Bu Xiangwei, Wu Xiaoyan, Zhu Fujing, Huang Jiaqi, Ma Zhen, Zhang Rui
Air and Missile Defense College, Air Force Engineering University, Xi'an 710051, China.
Air and Missile Defense College, Air Force Engineering University, Xi'an 710051, China.
ISA Trans. 2015 Nov;59:149-59. doi: 10.1016/j.isatra.2015.09.007. Epub 2015 Oct 9.

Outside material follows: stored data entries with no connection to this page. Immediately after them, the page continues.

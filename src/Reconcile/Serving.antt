-- ===== src/Reconcile/Serving.antt =====
-- controllers/directoryservice_controller.go: from the LDAP connection to the end of Reconcile.
use mathlib.Core.Path.{ap₂}
use ds_operator.Prelude.{
  ◌>>=◌, ℕ, ℤ, suc, Bool, ◌≡◌, refl, sym, ap, ◌∙◌, ◌⊎◌, inl, inr, NodupKeys, none, Error, ok, pure,
  try_else, Ends, Finishes, Finishes-try,
}
use ds_operator.Kube.Meta.{key_of}
use ds_operator.Kube.Objects.{Kind}
use ds_operator.Kube.Client.{Client}
use ds_operator.Kube.Client.Laws
use ds_operator.Kube.Client.Laws.{OnlyAt}
use ds_operator.Api.Types.{DirectoryService}
use ds_operator.Ldap.{Directory, DsConnection, close_connection}
use ds_operator.Ldap.Laws.{View, NilClose, IsLawful, SameView, IsAside, Aside-bind}
use ds_operator.Ldap.Closing.{Closed, closing-Finishes}
use ds_operator.Passwords.{update_passwords}
use ds_operator.Passwords.Accounts.{Partly, Blamed}
use ds_operator.Passwords.Outcome.{Checked, update_passwords-Checked}
use ds_operator.Reconcile.{store_service, with_directory}
use ds_operator.Reconcile.Stored.{StatusKept, store_service-old_status}

module _ {W : Type 0} (api : Client W) (dir : Directory W) (view : View W) (later : ℤ)
    (ds s : DirectoryService) (conn : DsConnection dir) (w : W) where
  -- The check of the passwords and what was stored afterwards, in a world where the connection is
  -- still open.
  pub record Updated (v : W) : Type 0 where
    pub checked : DirectoryService
    pub at : W
    pub check : Checked api dir ds conn view later w checked at
    pub kept : StatusKept api checked s at v
    pub opened : view.opened v ≡ view.opened w

  abbrev pub Served : ℕ → W → Type 0
  Served t v =
      (t ≡ 60)
      × (((e : Error) × Partly api dir ds conn view ds.spec.passwords w v
            × Blamed api dir ds conn view ds.spec.passwords w e)
          ⊎ Updated v)

  abbrev pub Broken : W → Type 0
  Broken v =
      Partly api dir ds conn view ds.spec.passwords w v
      × ((ds.meta.annotations ≡ none) ⊎ NilClose api dir view)

module _ {W : Type 0} (api : Client W) (dir : Directory W) (dev_mode debug : Bool)
    (draw : W → ℕ → ℕ → ℕ) (view : View W) (law : Laws.IsLawful api)
    (lawful : IsLawful api dir view) (aside : IsAside view api) where
  store_service-Aside :
      (ds : DirectoryService) (w : W)
      → SameView view w (store_service api dir dev_mode debug draw ds w).1
  unfolding store_service
  store_service-Aside ds =
      Aside-bind view (api.update Kind.directory_service ds)
        (λ o. api.update_status Kind.directory_service o >>= (λ o'. pure 60))
        (aside.update Kind.directory_service ds)
        (λ o.
          Aside-bind view (api.update_status Kind.directory_service o) (λ o'. pure 60)
            (aside.update_status Kind.directory_service o)
            (λ o' w. record { opened = refl; passwords = λ dn. refl }))

  module _ (later : ℤ) (ds s : DirectoryService) (conn : DsConnection dir) (w : W) where
    Checked-key :
        (ds' : DirectoryService) (v : W)
        → Checked api dir ds conn view later w ds' v
        → key_of ds'.meta ≡ key_of ds.meta
    Checked-key ds' v (inl (soon, same, still)) = ap (λ d. key_of d.meta) same
    Checked-key ds' v (inr (late, synced, noted)) = ap (λ d. key_of d.meta) noted.same

    pub Checked-get :
        (ds' : DirectoryService) (v : W)
        → Checked api dir ds conn view later w ds' v
        → api.get Kind.directory_service (key_of ds'.meta) v
          ≡ api.get Kind.directory_service (key_of ds.meta) w
    Checked-get ds' v (inl (soon, same, still)) =
        ap₂ (λ d u. api.get Kind.directory_service (key_of d.meta) u) same still
    Checked-get ds' v (inr (late, synced, noted)) =
        ap (λ d. api.get Kind.directory_service (key_of d.meta) v) noted.same
        ∙ synced.moved.objects Kind.directory_service (key_of ds.meta)

    Checked-opened :
        (ds' : DirectoryService) (v : W)
        → Checked api dir ds conn view later w ds' v
        → view.opened v ≡ view.opened w
    Checked-opened ds' v (inl (soon, same, still)) = ap view.opened still
    Checked-opened ds' v (inr (late, synced, noted)) = synced.moved.opened

    module _ (u : NodupKeys ds.spec.passwords)
        (there : api.get Kind.directory_service (key_of ds.meta) w ≡ ok s) where
      stores :
          (ds' : DirectoryService) (v : W)
          → Checked api dir ds conn view later w ds' v
          → Finishes
              (store_service api dir dev_mode debug draw ds')
              v
              (Served api dir view later ds s conn w)
              (λ e v'. Updated api dir view later ds s conn w v')
              (Broken api dir view later ds s conn w)
      stores ds' v c =
          elim (store_service-old_status api dir dev_mode debug draw law ds' s v
            (Checked-get ds' v c ∙ there)) [
              | Ends.returns t v' run (t60, only, g) ↦ Finishes.returns t v' run (
                t60,
                inr (record {
                  checked = ds';
                  at = v;
                  check = c;
                  kept = (only, inr g);
                  opened = opened_after v' (ap (λ (r, x). x) run);
                }),
              )
              | Ends.fails e v' run kept ↦ Finishes.fails e v' run (record {
                checked = ds';
                at = v;
                check = c;
                kept = kept;
                opened = opened_after v' (ap (λ (r, x). x) run);
              })
            ]
        where
          opened_after :
              (v' : W)
              → (store_service api dir dev_mode debug draw ds' v).1 ≡ v'
              → view.opened v' ≡ view.opened w
          opened_after v' same =
              ap view.opened (sym same)
              ∙ (store_service-Aside ds' v).opened
              ∙ Checked-opened ds' v c

      pub before_close :
          Finishes
            (try_else
              (update_passwords api dir ds conn later)
              (store_service api dir dev_mode debug draw)
              (λ e. pure 60))
            w
            (Served api dir view later ds s conn w)
            (λ e v. Updated api dir view later ds s conn w v)
            (Broken api dir view later ds s conn w)
      before_close =
          Finishes-try (update_passwords api dir ds conn later) w
            (store_service api dir dev_mode debug draw) (λ e. pure 60)
            (update_passwords-Checked api dir ds conn view law lawful later w u)
            (λ ds' v c. stores ds' v c)
            (λ e v b. Finishes.returns 60 v refl (refl, inl (e, b.0, b.1))) (λ v b. b)

      pub before-opened :
          (v : W)
          → (((e : Error) × Partly api dir ds conn view ds.spec.passwords w v
                × Blamed api dir ds conn view ds.spec.passwords w e)
              ⊎ Updated api dir view later ds s conn w v)
          → view.opened v ≡ view.opened w
      before-opened v (inl (e, p, b)) = p.opened
      before-opened v (inr y) = y.opened

      -- The end of Reconcile, with the connection open that it was given and `n` others, and with the
      -- directory service there as `s`. Where it does not panic it returns 60, even if the passwords
      -- could not be kept; or it fails, in one of the two updates. In every case the connection is
      -- closed, a panic included, which comes of missing annotations or a nil close only.
      pub with_directory-Served :
          (n : ℕ)
          → view.opened w ≡ suc n
          → Finishes
              (with_directory api dir dev_mode debug draw later ds conn)
              w
              (λ t w'.
                (v : W) × Served api dir view later ds s conn w t v × Closed api dir view n v w')
              (λ e w'.
                (v : W) × Updated api dir view later ds s conn w v × Closed api dir view n v w')
              (λ w'. (v : W) × Broken api dir view later ds s conn w v × Closed api dir view n v w')
      unfolding with_directory close_connection
      with_directory-Served n h =
          closing-Finishes api dir view conn.ldap
            (try_else (update_passwords api dir ds conn later)
              (store_service api dir dev_mode debug draw) (λ e. pure 60))
            w n lawful before_close (λ t v p. before-opened v p.1 ∙ h) (λ e v p. p.opened ∙ h)
            (λ v p. p.0.opened ∙ h)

A novel prescribed performance neural controller with unknown initial errors is addressed for the longitudinal dynamic model of a flexible air-breathing hypersonic vehicle (FAHV) subject to parametric uncertainties. Different from traditional prescribed performance control (PPC) requiring that the initial errors have to be known accurately, this paper investigates the tracking control without accurate initial errors via exploiting a new performance function. A combined neural back-stepping and minimal learning parameter (MLP) technology is employed for exploring a prescribed performance controller that provides robust tracking of velocity and altitude reference trajectories. The highlight is that the transient performance of velocity and altitude tracking errors is satisfactory and the computational load of neural approximation is low. Finally, numerical simulation results from a nonlinear FAHV model demonstrate the efficacy of the proposed strategy.
针对具有参数不确定性的柔性吸气式高超声速飞行器(FAHV)纵向动力学模型,提出了一种具有未知初始误差的新型规定性能神经控制器。与传统规定性能控制(PPC)要求准确知道初始误差不同,本文通过利用一种新的性能函数来研究无准确初始误差的跟踪控制。采用神经反步和最小学习参数(MLP)相结合的技术来探索一种规定性能控制器,该控制器能对速度和高度参考轨迹进行鲁棒跟踪。其亮点在于速度和高度跟踪误差的瞬态性能令人满意,且神经逼近的计算量较低。最后,来自非线性FAHV模型的数值仿真结果证明了所提策略的有效性。